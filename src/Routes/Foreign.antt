-- ===== src/Routes/Foreign.antt =====
-- The routes for the secrets do not ask whether the environment belongs to the project of the route.
use schematica_api.Access.Rules.{MayOwn}
use schematica_api.Common.{
  String, ℕ, Bool, true, false, not, ◌≡◌, ◌≢◌, inl, inr, refl, arith, eq_iff, some, Option, List,
  [], ◌∷◌, length, any-In_complete, In, keep, nat_eq, ◌==◌, Integer, is_nat, parse_int, print_nat,
  Bool-cases,
}
use schematica_api.Database.{
  Database, PrismaService, IsPrisma, memory_client, memory_client-IsPrisma, for_every_client,
}
use schematica_api.Encryption.{Cipher}
use schematica_api.Entities.{Environment, Secret}
use schematica_api.Events.{Done, audit}
use schematica_api.Exceptions.{ok}
use schematica_api.Guards.{resource_relations_guard}
use schematica_api.Guards.Rules.{secret_guards_cross_project}
use schematica_api.Prisma.Tables.{length-keep_some}
use schematica_api.Routes.{owns_related, parsed_id, delete_secret, secret_of_environment}
use schematica_api.Secrets
use schematica_api.Secrets.{is_secret}
use schematica_api.User.{UserDto}

keep-removed : {A : Type 0} (p : A → Bool) (t : List A) → keep p (keep (λ r. not (p r)) t) ≡ []
keep-removed p [] = refl
keep-removed p (x ∷ t) = elim (Bool-cases (p x)) [
  | inl fits ↦ rw fits (keep-removed p t)
  | inr other ↦ rw other (rw other (keep-removed p t))
]

-- The request succeeds, and the secret is gone.
abbrev pub IsDeletedBy :
    PrismaService
    → Cipher
    → (String → Option ℕ)
    → Database
    → UserDto
    → String
    → String
    → Secret
    → Type 0
IsDeletedBy client cipher pipe db user project_id param secret =
    (d : Done (Unit {0})) × (delete_secret client cipher pipe db user project_id
        secret.environment_id param
      ≡ ok d)
    × (keep (is_secret secret.environment_id secret.id) (d.db).secrets ≡ [])

module _ (cipher : Cipher) (pipe : String → Option ℕ) (db : Database) (user : UserDto)
    (project_id param : String) (i : Integer) (environment : Environment) (secret : Secret)
    (named : (project_id == "") ≡ false) (may : MayOwn db.grants user project_id)
    (there : In environment db.environments) (foreign : environment.project_id ≢ project_id)
    (kept : In secret db.secrets) (inside : secret.environment_id ≡ environment.id)
    (env_named : (environment.id == "") ≡ false) (given : (param == "") ≡ false)
    (parsed : parse_int param ≡ some i) (is_id : is_nat i secret.id ≡ true)
    (piped : pipe param ≡ some secret.id) where
  IsDeletedBy-in_memory : IsDeletedBy memory_client cipher pipe db user project_id param secret
  unfolding delete_secret owns_related parsed_id Secrets.remove
  IsDeletedBy-in_memory =
      let (owned, related) =
        secret_guards_cross_project memory_client memory_client-IsPrisma db user project_id param i
          environment secret named may there foreign kept inside env_named given parsed is_id in
      let hit : is_secret secret.environment_id secret.id secret ≡ true =
        ground (arith, eq_iff secret.environment_id secret.environment_id) in
      let exists =
        any-In_complete (is_secret secret.environment_id secret.id) secret db.secrets kept hit in
      let many = length-keep_some (is_secret secret.environment_id secret.id) db.secrets exists in
      let counted : nat_eq (length (keep (is_secret secret.environment_id secret.id) db.secrets)) 0
          ≡ false =
        ground arith in
      let gone = keep-removed (is_secret secret.environment_id secret.id) db.secrets in
      let beside : resource_relations_guard memory_client db (some secret_of_environment)
            (some secret.environment_id) (some param)
          ≡ ok true =
        rw inside related in
      (
        record {
          db = record db {
            secrets = keep (λ s. not (is_secret secret.environment_id secret.id s)) db.secrets;
          };
          events = audit user "SECRET_DELETED" (print_nat secret.id) ∷ [];
          value = tt;
        },
        rw (delete_secret, owns_related, owned, beside, parsed_id, piped, Secrets.remove, counted)
            refl,
        gone,
      )

-- Whoever may own some project deletes, through the route of that project, any secret of any
-- environment that belongs to another project: the request succeeds, and the secret is gone.
pub delete_secret_cross_project :
    (client : PrismaService)
    → IsPrisma client
    → (cipher : Cipher) (pipe : String → Option ℕ) (db : Database) (user : UserDto)
      (project_id param : String) (i : Integer) (environment : Environment) (secret : Secret)
    → (project_id == "") ≡ false
    → MayOwn db.grants user project_id
    → In environment db.environments
    → environment.project_id ≢ project_id
    → In secret db.secrets
    → secret.environment_id ≡ environment.id
    → (environment.id == "") ≡ false
    → (param == "") ≡ false
    → parse_int param ≡ some i
    → is_nat i secret.id ≡ true
    → pipe param ≡ some secret.id
    → IsDeletedBy client cipher pipe db user project_id param secret
delete_secret_cross_project client laws cipher pipe db user project_id param i environment secret
      named may there foreign kept inside env_named given parsed is_id piped =
    for_every_client (λ c. IsDeletedBy c cipher pipe db user project_id param secret) client laws
      (IsDeletedBy-in_memory cipher pipe db user project_id param i environment secret named may
        there foreign kept inside env_named given parsed is_id piped)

###

**Exercise description**
The word "antt" appears in how many lines of the records? Give the number only.

**Solution to this task**
2